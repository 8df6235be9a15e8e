-- ===== src/Builders/Databases.antt =====
-- controller/{clickhouse,clickhouse_keeper}.go: the stateful sets of ClickHouse and its keeper.
use Prim.Native.String.{◌++◌}
use mathlib.Core.List.{◌++◌ as append}
use telemetry_operator.Base.{
  ℤ, pos, ℕ, String, false, Option, none, some, List, [], ◌∷◌, is_positive, rounds, if◌then◌else◌,
  map,
}
use telemetry_operator.Base.Int.{int32}
use telemetry_operator.Base.Text.{show}
use telemetry_operator.Kube.{
  Kube, SecretKeySelector, EnvVar, secret_key_ref, field_ref, ResourceRequirements,
}
use telemetry_operator.Api.Common.{ImageSpec}
use telemetry_operator.Api.Stores.{ClickhouseS3Spec, S3Credentials}
use telemetry_operator.Api.Telemetry.{Telemetry}
use telemetry_operator.Objects.{PersistentVolumeClaim, Container, PodTemplate, StatefulSet}
use telemetry_operator.Registry.{RegistryConfig}
use telemetry_operator.Versions.{Versions, clickhouse, clickhouse_keeper, get_app_image}
use telemetry_operator.Validate.{Outcome, returned, panicked}
use telemetry_operator.Builders.Labels.{labels, meta_of, non_root_security_context, count_up}
use telemetry_operator.Builders.Stores.{
  clickhouse_password_secret, clickhouse_pvcs, clickhouse_keeper_pvcs, clickhouse_keeper_replicas,
}
use telemetry_operator.Builders.Pod.{
  env_value, container_port, first, data_template, empty_volume, mount, health_probe,
}
use telemetry_operator.Builders.ClickhouseConfig.{clickhouse_config_cmd}
use telemetry_operator.Builders.KeeperConfig.{clickhouse_keeper_config_cmd}

-- if n <= 0 { n = 1 }
abbrev pub one_if_not_positive : ℤ → ℤ
one_if_not_positive z = if is_positive z then z else pos 1

-- The init container that writes the configuration.
abbrev pub config_container : (K : Kube) → ImageSpec → ResourceRequirements K → String → Container K
config_container K image resources command = record {
  name = "config";
  image = image.name;
  image_pull_policy = image.pull_policy;
  command = "/bin/sh" ∷ "-c" ∷ [];
  args = command ∷ [];
  privileged = false;
  env = [];
  ports = [];
  volume_mounts = mount "config" "/config" ∷ [];
  resources = resources;
  readiness_probe = none;
}

abbrev secret_env : (K : Kube) → String → Option SecretKeySelector → List (EnvVar K)
secret_env K name none = []
secret_env K name (some selector) =
    record { name = name; value = ""; value_from = some (secret_key_ref selector) } ∷ []

abbrev credentials_env : (K : Kube) → Option S3Credentials → List (EnvVar K)
credentials_env K none = []
credentials_env K (some c) =
    append (secret_env K "AWS_ACCESS_KEY_ID" c.access_key_id)
      (secret_env K "AWS_SECRET_ACCESS_KEY" c.secret_access_key)

abbrev s3_env : (K : Kube) → Option (ClickhouseS3Spec K) → List (EnvVar K)
s3_env K none = []
s3_env K (some s3) = credentials_env K s3.credentials

-- replicas := int32(cr.Spec.Clickhouse.Replicas), or 1
unfoldable pub clickhouse_replicas : (K : Kube) → Telemetry K → ℤ
unfolding int32
clickhouse_replicas K cr = one_if_not_positive (int32 cr.spec.clickhouse.replicas)

module _ (K : Kube) (versions : Versions) (registry : RegistryConfig) where
  abbrev clickhouse_container : Telemetry K → ImageSpec → ℕ → Container K
  clickhouse_container cr image shard = record {
    name = "clickhouse-server";
    image = image.name;
    image_pull_policy = image.pull_policy;
    command = "clickhouse-server" ∷ [];
    args = "--config-file=/config/config.xml" ∷ [];
    privileged = false;
    env =
        env_value K "CLICKHOUSE_SHARD_ID" ("shard-" ++ show shard)
        ∷ record {
          name = "CLICKHOUSE_REPLICA_ID";
          value = "";
          value_from = some (field_ref "metadata.name");
        }
        ∷ record {
          name = "CLICKHOUSE_PASSWORD";
          value = "";
          value_from = some (secret_key_ref (clickhouse_password_secret K cr));
        }
        ∷ s3_env K cr.spec.clickhouse.s3;
    ports = container_port "http" (pos 8123) ∷ container_port "tcp" (pos 9000) ∷ [];
    volume_mounts = mount "config" "/config" ∷ mount "data" "/var/lib/clickhouse" ∷ [];
    resources = cr.spec.clickhouse.resources;
    readiness_probe = some (health_probe "/ping");
  }

  abbrev clickhouse_template : Telemetry K → ImageSpec → ℤ → ℤ → ℕ → PodTemplate K
  clickhouse_template cr image shards replicas shard = record {
    labels = labels K cr "clickhouse";
    annotations = cr.spec.clickhouse.pod_annotations;
    service_account_name = cr.name ++ "-clickhouse";
    security_context = some non_root_security_context;
    host_pid = false;
    priority_class_name = "";
    node_selector = cr.spec.clickhouse.node_selector;
    affinity = cr.spec.clickhouse.affinity;
    tolerations = cr.spec.clickhouse.tolerations;
    image_pull_secrets = image.pull_secrets;
    init_containers =
        config_container K image cr.spec.clickhouse.resources (
          clickhouse_config_cmd K "/config/config.xml" cr shards replicas
            (clickhouse_keeper_replicas K cr))
        ∷ [];
    containers = clickhouse_container cr image shard ∷ [];
    volumes = empty_volume "config" ∷ [];
  }

  -- The body of the loop of clickhouseStatefulSets.
  abbrev pub clickhouse_set : Telemetry K → PersistentVolumeClaim K → ℕ → StatefulSet K
  clickhouse_set cr claim shard = record {
    meta = meta_of K cr (cr.name ++ "-clickhouse-shard-" ++ show shard) "clickhouse";
    match_labels = labels K cr "clickhouse";
    replicas = clickhouse_replicas K cr;
    service_name = cr.name ++ "-clickhouse-headless";
    volume_claim_templates = data_template cr.namespace claim ∷ [];
    template =
        clickhouse_template cr (get_app_image versions registry cr.spec clickhouse)
          (one_if_not_positive cr.spec.clickhouse.shards) (clickhouse_replicas K cr) shard;
  }

  abbrev pub clickhouse_sets :
      Telemetry K → Outcome (PersistentVolumeClaim K) → Outcome (List (StatefulSet K))
  clickhouse_sets cr panicked = panicked
  clickhouse_sets cr (returned claim) = returned (
      map (clickhouse_set cr claim)
        (count_up 0 (rounds (one_if_not_positive cr.spec.clickhouse.shards))))

  -- clickhouseStatefulSets. There is at least one round, and the first one panics if there is no
  -- claim.
  unfoldable pub clickhouse_stateful_sets : Telemetry K → Outcome (List (StatefulSet K))
  unfolding clickhouse_pvcs clickhouse_config_cmd clickhouse_replicas get_app_image
  clickhouse_stateful_sets cr = clickhouse_sets cr (first (clickhouse_pvcs K cr))

  abbrev keeper_container : Telemetry K → ImageSpec → Container K
  keeper_container cr image = record {
    name = "clickhouse-keeper";
    image = image.name;
    image_pull_policy = image.pull_policy;
    command = "clickhouse-keeper" ∷ [];
    args = "--config-file=/config/config.xml" ∷ [];
    privileged = false;
    env = [];
    ports =
        container_port "client" (pos 9181)
        ∷ container_port "control" (pos 9182)
        ∷ container_port "inter" (pos 9234)
        ∷ [];
    volume_mounts = mount "config" "/config" ∷ mount "data" "/var/lib/clickhouse-keeper" ∷ [];
    resources = cr.spec.clickhouse.keeper.resources;
    readiness_probe = none;
  }

  abbrev keeper_template : Telemetry K → ImageSpec → ℤ → PodTemplate K
  keeper_template cr image replicas = record {
    labels = labels K cr "clickhouse-keeper";
    annotations = cr.spec.clickhouse.keeper.pod_annotations;
    service_account_name = cr.name ++ "-clickhouse-keeper";
    security_context = some non_root_security_context;
    host_pid = false;
    priority_class_name = "";
    node_selector = cr.spec.clickhouse.keeper.node_selector;
    affinity = cr.spec.clickhouse.keeper.affinity;
    tolerations = cr.spec.clickhouse.keeper.tolerations;
    image_pull_secrets = image.pull_secrets;
    init_containers =
        config_container K image cr.spec.clickhouse.keeper.resources
          (clickhouse_keeper_config_cmd K "/config/config.xml" cr replicas)
        ∷ [];
    containers = keeper_container cr image ∷ [];
    volumes = empty_volume "config" ∷ [];
  }

  abbrev pub keeper_set :
      Telemetry K → ℤ → Outcome (PersistentVolumeClaim K) → Outcome (StatefulSet K)
  keeper_set cr replicas panicked = panicked
  keeper_set cr replicas (returned claim) = returned (record {
    meta = meta_of K cr (cr.name ++ "-clickhouse-keeper") "clickhouse-keeper";
    match_labels = labels K cr "clickhouse-keeper";
    replicas = replicas;
    service_name = cr.name ++ "-clickhouse-keeper-headless";
    volume_claim_templates = data_template cr.namespace claim ∷ [];
    template =
        keeper_template cr (get_app_image versions registry cr.spec clickhouse_keeper) replicas;
  })

  -- clickhouseKeeperStatefulSet
  unfoldable pub clickhouse_keeper_stateful_set : Telemetry K → Outcome (StatefulSet K)
  unfolding clickhouse_keeper_pvcs clickhouse_keeper_config_cmd clickhouse_keeper_replicas int32
      get_app_image
  clickhouse_keeper_stateful_set cr =
      keeper_set cr (int32 (clickhouse_keeper_replicas K cr)) (first (clickhouse_keeper_pvcs K cr))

▬▬▬

Could you set down, exactly as written, the lines above between the one holding "s3_env K cr.spec.clickhouse.s3;" and the one holding "abbrev clickhouse_template : Telemetry", inclusive, and nothing more?

        ∷ s3_env K cr.spec.clickhouse.s3;
    ports = container_port "http" (pos 8123) ∷ container_port "tcp" (pos 9000) ∷ [];
    volume_mounts = mount "config" "/config" ∷ mount "data" "/var/lib/clickhouse" ∷ [];
    resources = cr.spec.clickhouse.resources;
    readiness_probe = some (health_probe "/ping");
  }

  abbrev clickhouse_template : Telemetry K → ImageSpec → ℤ → ℤ → ℕ → PodTemplate K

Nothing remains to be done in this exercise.